Thursday morning, some lucky students at Arendell Parrott Academy were witnesses to a living, breathing history lesson.
World War II veteran and Snow Hill resident Ben Rayford, 89, spoke to history classes in the academy’s library about his experiences in the war. He was invited to the school by a good friend of his, Mitzi Moye, the school’s director of advising and community service — whose own father was a WWII veteran.
She shared entries from her father’s war diary with the students.
Rayford and Moye enthralled Parrott students with their stories and memories of the war.
“It was very powerful,” APA junior and Trenton resident Lee Jenkins said of Rayford’s presentation. “It was very impressive and it’s helped fill me with respect for the man, for all he went through. It made history more vivid.”
After graduating from Newton Grove High School, Rayford served as a company clerk for an infantry unit in the European theater of the war. He described Germany’s leader, Adolf Hitler, as a “threat to the world.”
“We were at a time in history when something had to be done,” Rayford told the students.
Before being drafted into the Army, Rayford learned how to type — a skill he said probably “saved my life.”
“I was a lucky man,” he told the students. “Knowing how to type allowed me to work well behind the lines. I was there for 15 months and I didn’t get a scratch.”
One of the most memorable points in his service came when he landed at Normandy, France, one month after D-Day. He quietly told the students about going over the top of a hill and the shock of seeing more than 15,000 white crosses.
Those crosses marked the graves of Allied forces that died there on June 6, 1944.
“They were the boys that didn’t make it,” he said, wiping a tear from his eye.
It was that type of emotion that helped open the eyes of Farmville’s Victoria Oakley, an APA junior, who admitted she was still moved several minutes after listening to Rayford.
“It’s one thing to read about it; to read the numbers and to see statistics,” Oakley said, “but to see his emotions in his face and to hear him get choked up, it brought emotions out of me.
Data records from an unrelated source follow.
-- ===== src/Client/Answers.antt =====
-- What sign-bytes, digests and shared secrets do to memory that holds bytes.
use mathlib.Core.Path.{subst}
use qorechain_pqc.Base.{
  ℕ, suc, Bool, Option-cases, ◌≡◌, refl, sym, inl, inr, ℤ, Option, none, some, List, [], ◌∷◌,
  Bool-cases, map,
}
use qorechain_pqc.Machine.{Ptr, update, ConstPtr, Cell, World}
use qorechain_pqc.Machine.Args.{Holds, owning}
use qorechain_pqc.Machine.Ends.{Ends, over}
use qorechain_pqc.Oqs.{Kem}
use qorechain_pqc.SignBytes.{Out, sign_bytes_v1, sign_bytes_v2, eqb_ℤ}
use qorechain_pqc.SignBytes.Form.{bound_form, sign_bytes_form, answer}
use qorechain_pqc.Kem.Decaps.{Decapsulated}
use qorechain_pqc.Hash.{Evp}
use qorechain_pqc.Hash.Laws.{hashed, digested}
use qorechain_pqc.Client.{AllBytes}
use qorechain_pqc.Client.Typed.{
  IsBlock, Typed, KemBytes, XofBytes, AreBytes, update-Typed, bytes-AllCells, over-AllCells,
  v1_layout-AllBytes, v2_layout-AllBytes,
}
use qorechain_pqc.Client.Preserves.{Sane, Kept, same-Typed}

bound_form-AreBytes :
    (cs xs ys : List ℕ) → AllBytes cs → AllBytes xs → AllBytes ys → AreBytes (bound_form cs xs ys)
unfolding bound_form
bound_form-AreBytes [] xs ys hc hx hy = tt
bound_form-AreBytes (c ∷ cs) xs ys hc hx hy = v2_layout-AllBytes xs ys hx hy (c ∷ cs) hc

-- The bytes of a digest, if there are any.
abbrev pub Written : Option (Bool × List ℕ) → Type 0
Written none = Unit
Written (some (ok, bytes)) = AllBytes bytes

pub hashed-Written :
    {C : Type 0} (evp : Evp C) → XofBytes evp → (d : List ℕ) (n : ℕ) → Written (hashed evp d n)
hashed-Written evp law d n = elim (Option-cases (evp.init evp.new_ctx)) [
  | inl undefined ↦ rw undefined tt
  | inr ((begun, c), first) ↦ elim (Option-cases (evp.update c d)) [
    | inl undefined ↦ rw (first, undefined) tt
    | inr ((fed, c'), second) ↦ elim (Option-cases (evp.final_xof c' n)) [
      | inl undefined ↦ rw (first, second, undefined) tt
      | inr ((ok, bytes), third) ↦ rw (first, second, third) (law.written_bytes c' n ok bytes third)
    ]
  ]
]

pub form-AreBytes :
    (version : ℤ) (cs xs ys : List ℕ)
    → AllBytes cs
    → AllBytes xs
    → AllBytes ys
    → AreBytes (sign_bytes_form version cs xs ys)
unfolding sign_bytes_form
form-AreBytes version cs xs ys hc hx hy = elim (Bool-cases (eqb_ℤ version sign_bytes_v1)) [
  | inl first ↦ rw first (v1_layout-AllBytes xs ys hx hy)
  | inr other ↦ rw other (elim (Bool-cases (eqb_ℤ version sign_bytes_v2)) [
    | inl second ↦ rw second (bound_form-AreBytes cs xs ys hc hx hy)
    | inr unknown ↦ rw unknown tt
  ])
]

module _ (w : World) (sane : Sane w) where
  pub answer-Kept :
      (out : Out) (form : Option (List ℕ))
      → AreBytes form
      → Ends (λ _ v. Kept w v) (answer w out form)
  unfolding answer owning
  answer-Kept out none bytes = (sane, refl)
  answer-Kept out (some bs) bytes = elim (Bool-cases (w.refuse w.calls)) [
    | inl refused ↦
        rw refused (record { held = sane.held; rng = sane.rng; typed = sane.typed }, refl)
    | inr grant ↦ rw grant (
      record {
        held = sane.held;
        rng = sane.rng;
        typed =
            update-Typed (suc w.calls) (some (map some bs)) w.block sane.typed
              (bytes-AllCells bs bytes);
      },
      refl,
    )
  ]

  pub overwritten-Typed :
      (p : Ptr) (bs : List ℕ) (cells : List Cell)
      → w.block p ≡ some cells
      → AllBytes bs
      → Typed (update w.block p (some (over bs cells)))
  overwritten-Typed p bs cells place bytes =
      update-Typed p (some (over bs cells)) w.block sane.typed
        (over-AllCells bs cells bytes (subst IsBlock place (sane.typed p)))

  module _ {C : Type 0} (evp : Evp C) (src : ConstPtr) (src_len : ℕ) (d : List ℕ)
      (hd : Holds src src_len d) (out : Ptr) (cells : List Cell)
      (place : w.block out ≡ some cells) where
    pub digested-Kept :
        (bytes : List ℕ)
        → AllBytes bytes
        → Kept w (digested evp src src_len d hd out cells w place bytes)
    digested-Kept bs bytes = (
      record {
        held = sane.held;
        rng = sane.rng;
        typed = overwritten-Typed out bs cells place bytes;
      },
      refl,
    )

  pub Decapsulated-Typed :
      (found : Option Kem) (bytes : (m : Kem) → found ≡ some m → KemBytes m) (sk_len ct_len : ℕ)
      (k c : List ℕ) (ss_out : Ptr) (cells : List Cell) (place : w.block ss_out ≡ some cells)
      (ss_len : ℕ) (r : ℤ × ℕ) (v : World)
      → Decapsulated found sk_len ct_len k c ss_out cells ss_len w r v
      → Typed v.block
  Decapsulated-Typed found bytes sk_len ct_len k c ss_out cells place ss_len r v
        (inl (why, code, len, block)) =
      same-Typed w sane v.block block
  Decapsulated-Typed found bytes sk_len ct_len k c ss_out cells place ss_len r v
        (inr (m, known, fits, fits', grant, code, len, block)) =
      subst Typed (sym block)
        (overwritten-Typed ss_out (m.decaps c k).1 cells place ((bytes m known).decaps_bytes c k))
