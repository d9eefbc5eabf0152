-- ===== src/LocalActions/Engine/Tests.antt =====
-- A lease with a shell and a dev server grant, calls on it, and the theorems applied to them.
use harness_control_protocol.Base.{
  ℕ, ◌+◌, ◌≤◌, String, ◌≡◌, ◌↔◌, refl, true, false, some, none, List, [], ◌∷◌, arith, nat_eq,
  string_eq, ok, ℕ_discrete,
}
use harness_control_protocol.Base.Dict.{lookup, insert}
use harness_control_protocol.LocalActions.Lease.{
  selected_workspace_only, minimal, inherit, full_access, CommandPolicy, Grant, Lease, available,
  CapabilityConfig, ActionRequest, Manager,
}
use harness_control_protocol.LocalActions.Manager.{count_key, assert_action_allowed}
use harness_control_protocol.LocalActions.Manager.Allowed.{
  IsAllowed, counted, assert_action_allowed_iff,
}
use harness_control_protocol.LocalActions.Manager.Calls.{hits, hits-le-max_calls}
use harness_control_protocol.LocalActions.Policy.{
  Platform, answer, CommandRequest, assert_executable_grant_allowed, assert_command_policy_allows,
}
use harness_control_protocol.LocalActions.Policy.Satisfied.{
  Satisfies, assert_command_policy_allows_iff,
}
use harness_control_protocol.LocalActions.Engine.{
  Binding, start, DevServerCommand, request_for, authorize_shell_command,
  authorize_dev_server_action,
}
use harness_control_protocol.LocalActions.Engine.Guarantees.{
  Permits, authorize_shell_command-Permits,
}

-- A platform with one workspace, whose directories are their own real paths.
abbrev relative_to_workspace : String → String → String
relative_to_workspace root path = elim (string_eq.dec root path) [
  | yes _ ↦ ""
  | no _ ↦ "../elsewhere"
]

abbrev one_workspace : Platform
one_workspace = record {
  realpath = λ path. answer path;
  relative = relative_to_workspace;
  is_absolute = λ path. false;
  regex_test = λ pattern line. answer true;
}

abbrev test_policy : CommandPolicy
test_policy = record {
  allowed_executables = some ("npm" ∷ []);
  denied_executables = none;
  argv_patterns = some ("^test" ∷ []);
  cwd_policy = selected_workspace_only;
  env_policy = minimal;
  allow_shell = false;
  timeout_seconds = 60;
  network_policy = inherit;
}

abbrev grant_of : String → Grant
grant_of id = record {
  id = id;
  scopes = "workspace" ∷ [];
  approval_policy = some full_access;
  command_policy = some test_policy;
  max_calls = some 2;
}

abbrev lease : Lease
lease = record {
  lease_id = "l";
  hcp_session_id = "s";
  execution_host_id = "h";
  provider_instance_id = "p";
  workspace_id = "w";
  expires_at = some 100;
  capabilities = grant_of "shell" ∷ grant_of "dev_server" ∷ [];
}

abbrev capability : String → CapabilityConfig
capability id = record { id = id; status = available; scopes = "workspace" ∷ [] }

abbrev manager : Manager
manager = record {
  local_capabilities = capability "shell" ∷ capability "dev_server" ∷ [];
  host_id = "h";
  revoked_lease_ids = [];
  call_counts = [];
}

abbrev binding : Binding
binding = record { session_id = "s"; turn_id = "t"; workspace_id = "w"; provider_instance_id = "p" }

abbrev npm_test : CommandRequest
npm_test = record {
  executable = "npm";
  argv = "test" ∷ [];
  cwd = "/work";
  workspace_root = "/work";
  use_shell = false;
  timeout_seconds = 30;
  env = [];
}

abbrev run_command : ActionRequest
run_command = record {
  session_id = "s";
  turn_id = "t";
  workspace_id = "w";
  provider_instance_id = "p";
  capability_id = "shell";
  scope = "workspace";
  action = "run_command";
}

shell_authorized :
    authorize_shell_command one_workspace lease binding npm_test 10 manager
    ≡ (counted lease (grant_of "shell") manager, ok (grant_of "shell"))
unfolding authorize_shell_command assert_action_allowed counted assert_executable_grant_allowed
    assert_command_policy_allows string_eq nat_eq ℕ_discrete lookup
shell_authorized = refl

authorize_shell_command-Permits_example :
    IsAllowed lease
      (request_for binding "shell" "workspace" "run_command")
      10
      manager
      (grant_of "shell")
    × (counted lease (grant_of "shell") manager ≡ counted lease (grant_of "shell") manager)
    × Permits one_workspace (grant_of "shell") npm_test
authorize_shell_command-Permits_example =
    authorize_shell_command-Permits one_workspace lease binding npm_test 10 manager
      (counted lease (grant_of "shell") manager) (grant_of "shell") shell_authorized

abbrev npm_start : DevServerCommand
npm_start = record {
  executable = some "npm";
  argv = some ("start" ∷ []);
  cwd = some "/work";
  workspace_root = some "/work";
  use_shell = some false;
  timeout_seconds = some 30;
  env = none;
}

start_authorized :
    authorize_dev_server_action one_workspace lease binding start npm_start 10 manager
    ≡ (counted lease (grant_of "dev_server") manager, ok (grant_of "dev_server"))
unfolding authorize_dev_server_action assert_action_allowed counted assert_executable_grant_allowed
    assert_command_policy_allows string_eq nat_eq ℕ_discrete lookup
start_authorized = refl

assert_action_allowed_iff_example :
    (assert_action_allowed lease run_command 10 manager
      ≡ ok (grant_of "shell", counted lease (grant_of "shell") manager))
    ↔ (IsAllowed lease run_command 10 manager (grant_of "shell")
        × (counted lease (grant_of "shell") manager ≡ counted lease (grant_of "shell") manager))
assert_action_allowed_iff_example =
    assert_action_allowed_iff lease run_command 10 manager
      (counted lease (grant_of "shell") manager) (grant_of "shell")

abbrev calls : List (ℕ × ActionRequest)
calls = (1, run_command) ∷ (2, run_command) ∷ (3, run_command) ∷ (200, run_command) ∷ []

two_hits : hits lease "l:shell" calls manager ≡ 2
unfolding hits count_key assert_action_allowed string_eq nat_eq ℕ_discrete lookup insert
two_hits = refl

hits-le-max_calls_example : 0 + hits lease "l:shell" calls manager ≤ 2
unfolding lookup
hits-le-max_calls_example =
    hits-le-max_calls lease "l:shell" 2 calls manager
      ((λ same. (2, refl, omega arith)), ((λ same. (2, refl, omega arith)), tt)) (omega arith)

assert_command_policy_allows_iff_example :
    (assert_command_policy_allows one_workspace test_policy npm_test ≡ ok tt)
    ↔ Satisfies one_workspace test_policy npm_test
assert_command_policy_allows_iff_example =
    assert_command_policy_allows_iff one_workspace test_policy npm_test
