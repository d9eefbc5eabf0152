-- ===== src/LocalActions/Errors.antt =====
-- packages/hcp-runner/src/local-actions/dispatcher.ts: how a thrown error becomes the error, the status
-- and the audit references of the protocol's answer.
use text.Mathlib.Text.{starts_with}
use harness_control_protocol.Base.{
  ℕ, ◌+◌, ◌/◌, String, ◌≡◌, refl, Bool, true, false, Option, none, some, List, [], ◌∷◌, arith, ◌==◌,
  contains, if◌then◌else◌, string_eq, all, find, max,
}
use harness_control_protocol.Protocol.Event.{Event}
use harness_control_protocol.LocalActions.Lease.{PolicyError}

-- What was thrown: a policy error, another Error with its message, or something else.
pub data Cause : Type 0 where
  policy : PolicyError → Cause
  process : String → Cause
  unknown_cause : Cause

-- A LocalCapabilityExecutionError carries its cause; anything else is its own.
pub data Thrown : Type 0 where
  execution_error : Cause → Thrown
  other_error : Cause → Thrown

abbrev pub cause_of : Thrown → Cause
cause_of (execution_error c) = c
cause_of (other_error c) = c

abbrev unchanged_codes : List String
unchanged_codes =
    "local_capability_lease_missing" ∷ "local_capability_lease_expired"
    ∷ "local_capability_lease_revoked" ∷ "local_capability_session_mismatch"
    ∷ "local_capability_workspace_mismatch" ∷ "local_capability_provider_mismatch"
    ∷ "local_capability_scope_not_granted" ∷ "local_capability_approval_required"
    ∷ "local_capability_expected_hash_mismatch" ∷ "local_capability_output_limit_exceeded"
    ∷ "local_capability_timeout" ∷ "local_capability_cancelled" ∷ "local_capability_command_denied"
    ∷ "local_capability_dev_server_exists" ∷ "local_capability_dev_server_not_found" ∷ []

abbrev not_granted_codes : List String
not_granted_codes =
    "local_capability_scope_unavailable" ∷ "local_capability_not_granted"
    ∷ "local_capability_unavailable" ∷ "local_capability_provider_unsupported"
    ∷ "local_capability_max_calls_exceeded" ∷ []

abbrev path_denied_codes : List String
path_denied_codes =
    "local_capability_path_denied" ∷ "local_capability_cwd_denied"
    ∷ "local_capability_path_unresolved" ∷ []

abbrev command_denied_codes : List String
command_denied_codes =
    "local_capability_shell_denied" ∷ "local_capability_timeout_exceeded"
    ∷ "local_capability_network_policy_unsupported" ∷ "local_capability_env_denied"
    ∷ "local_capability_executable_denied" ∷ "local_capability_executable_not_allowed"
    ∷ "local_capability_argv_denied" ∷ "local_capability_command_policy_required"
    ∷ "local_capability_command_policy_invalid" ∷ "local_capability_dev_server_host_denied"
    ∷ "local_capability_dev_server_port_denied" ∷ []

-- The switch, a case for each group of labels.
pub map_policy_error_code : String → String
map_policy_error_code code =
    if contains unchanged_codes code
    then code
    else if contains not_granted_codes code
    then "local_capability_scope_not_granted"
    else if code == "local_capability_sandbox_read_only"
    then "local_capability_sandbox_denied"
    else if contains path_denied_codes code
    then "local_capability_path_denied"
    else if contains command_denied_codes code
    then "local_capability_command_denied"
    else if code == "local_capability_dev_server_start_failed"
    then "local_capability_process_failed"
    else "local_capability_action_failed"

pub map_process_error_code : String → String
map_process_error_code message =
    if starts_with message "spawn "
    then "local_capability_process_failed"
    else "local_capability_action_failed"

pub record ActionError : Type 0 where
  pub code : String
  pub message : String
  pub retryable : Bool

pub error_of_cause : Cause → ActionError
unfolding map_policy_error_code map_process_error_code
error_of_cause (policy e) = record {
  code = map_policy_error_code e.code;
  message = e.message;
  retryable = false;
}
error_of_cause (process message) = record {
  code = map_process_error_code message;
  message = message;
  retryable = false;
}
error_of_cause unknown_cause = record {
  code = "local_capability_action_failed";
  message = "Local action failed.";
  retryable = false;
}

pub to_local_action_error : Thrown → ActionError
unfolding error_of_cause
to_local_action_error thrown = error_of_cause (cause_of thrown)

-- LocalActionErrorCode, the codes that the protocol's schema accepts.
abbrev pub local_action_error_codes : List String
local_action_error_codes =
    "local_capability_lease_missing" ∷ "local_capability_lease_expired"
    ∷ "local_capability_lease_revoked" ∷ "local_capability_session_mismatch"
    ∷ "local_capability_workspace_mismatch" ∷ "local_capability_provider_mismatch"
    ∷ "local_capability_scope_not_granted" ∷ "local_capability_sandbox_denied"
    ∷ "local_capability_approval_required" ∷ "local_capability_approval_mismatch"
    ∷ "local_capability_path_denied" ∷ "local_capability_expected_hash_mismatch"
    ∷ "local_capability_output_limit_exceeded" ∷ "local_capability_timeout"
    ∷ "local_capability_cancelled" ∷ "local_capability_command_denied"
    ∷ "local_capability_process_failed" ∷ "local_capability_dev_server_exists"
    ∷ "local_capability_dev_server_not_found" ∷ "local_capability_action_failed" ∷ []

pub data ErrorStatus : Type 0 where
  failed cancelled timed_out : ErrorStatus

pub error_status : ActionError → ErrorStatus
error_status e =
    if e.code == "local_capability_timeout"
    then timed_out
    else if e.code == "local_capability_cancelled"
    then cancelled
    else failed

-- Math.max(1, Math.ceil(timeoutMs / 1000)), where a missing timeout is 30,000 ms.
pub timeout_seconds_for : Option ℕ → ℕ
timeout_seconds_for none = 30
timeout_seconds_for (some ms) = max 1 ((ms + 999) / 1000)

pub record AuditEvents : Type 0 where
  pub started : Option ℕ
  pub settled : Option ℕ

sequence_of : Option Event → Option ℕ
sequence_of none = none
sequence_of (some e) = some e.sequence

-- responseAuditEvents and errorAuditEvents, which differ in the type of the settling event.
audit_events : String → List Event → AuditEvents
unfolding sequence_of
audit_events settled es = record {
  started = sequence_of (find (λ e. e.event_type == "local_capability.action.started") es);
  settled = sequence_of (find (λ e. e.event_type == settled) es);
}

pub response_audit_events : List Event → AuditEvents
unfolding audit_events
response_audit_events = audit_events "local_capability.action.completed"

pub error_audit_events : List Event → AuditEvents
unfolding audit_events
error_audit_events = audit_events "local_capability.action.failed"

contains_sub :
    (xs ys : List String) (c : String)
    → all (contains ys) xs ≡ true
    → contains xs c ≡ true
    → contains ys c ≡ true
contains_sub [] ys c h k = ground arith
contains_sub (x ∷ xs) ys c h k = ground (arith, contains_sub xs ys c)

unchanged_valid : all (contains local_action_error_codes) unchanged_codes ≡ true
unfolding string_eq
unchanged_valid = refl

answered_valid :
    (contains local_action_error_codes "local_capability_scope_not_granted" ≡ true)
    × (contains local_action_error_codes "local_capability_sandbox_denied" ≡ true)
    × (contains local_action_error_codes "local_capability_path_denied" ≡ true)
    × (contains local_action_error_codes "local_capability_command_denied" ≡ true)
    × (contains local_action_error_codes "local_capability_process_failed" ≡ true)
    × (contains local_action_error_codes "local_capability_action_failed" ≡ true)
unfolding string_eq
answered_valid = (refl, refl, refl, refl, refl, refl)

map_policy_error_code-valid :
    (c : String) → contains local_action_error_codes (map_policy_error_code c) ≡ true
unfolding map_policy_error_code
map_policy_error_code-valid c =
    let unchanged : contains unchanged_codes c ≡ true → contains local_action_error_codes c ≡ true =
      contains_sub unchanged_codes local_action_error_codes c unchanged_valid in
    let (not_granted, sandbox, path, command, started, action) = answered_valid in ground arith

if-contains :
    (codes : List String) (test : Bool) (x y : String)
    → contains codes x ≡ true
    → contains codes y ≡ true
    → contains codes (if test then x else y) ≡ true
if-contains codes true x y h k = h
if-contains codes false x y h k = k

error_of_cause-code :
    (cause : Cause) → contains local_action_error_codes (error_of_cause cause).code ≡ true
unfolding error_of_cause map_process_error_code
error_of_cause-code (policy e) = map_policy_error_code-valid e.code
error_of_cause-code (process message) =
    let (not_granted, sandbox, path, command, started, action) = answered_valid in
    if-contains local_action_error_codes (starts_with message "spawn ") _ _ started action
error_of_cause-code unknown_cause = unfold string_eq in refl

-- Whatever was thrown, the error that toLocalActionError answers has a code that the protocol's
-- schema accepts.
to_local_action_error-code :
    (thrown : Thrown) → contains local_action_error_codes (to_local_action_error thrown).code ≡ true
unfolding to_local_action_error
to_local_action_error-code thrown = error_of_cause-code (cause_of thrown)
It helped connect me with what happened in World War II and it just makes history more alive.”
Moye shared several stories about her father, including one about how he smuggled her mother’s wedding ring pearl under his tongue back to the U.S. after the war. Moye continues to wear that pearl in a ring today.
“When I recently went to go have (the pearl) reappraised, I was told it wasn’t worth very much,” Moye said. “I was like, ‘Yes, it is!’ It’s worth the world to me. I’m looking forward to passing it down to my children and their children.”
Rayford and Moye attend Snow Hill Presbyterian Church, where Moye said they’ve become close friends.
“We became much closer after my father died in 2000,” she said. “I connected with (Rayford) because my father and he went through similar situations. I’ve clung more to him as more of a mentor and a father figure.”
Having Rayford and Moye speak to their students was important, said APA history instructors Betsy Barrow and Brad Sauls.
“Today is priceless to my students,” said Barrow, whose grandfather also served in WWII. “So many of them are interested in this time period. To actually meet someone who went through this, to bring history alive, is invaluable. It brings to life stories from their history books.
“These are stories I can take and use in my classroom.”
Sauls, an educator in Greene County and at APA for 14 years, said, “As a teacher, I can talk about the war. But for the students to see someone who has lived and served in it, there’s an emotional element here I can’t convey in the classroom that was shared here.”
One of the many questions from the students was what advice he’d give to the 16- and 17-year-olds gathered to hear him speak.
Rayford’s answer was as succinct as it was poignant.
“Treasure the moment you’re living in now,” Rayford said softly and slowly while making eye contact with as many students as he could. “Enjoy the present, but look to the future. I hope you’re never called on to do what we had to do.”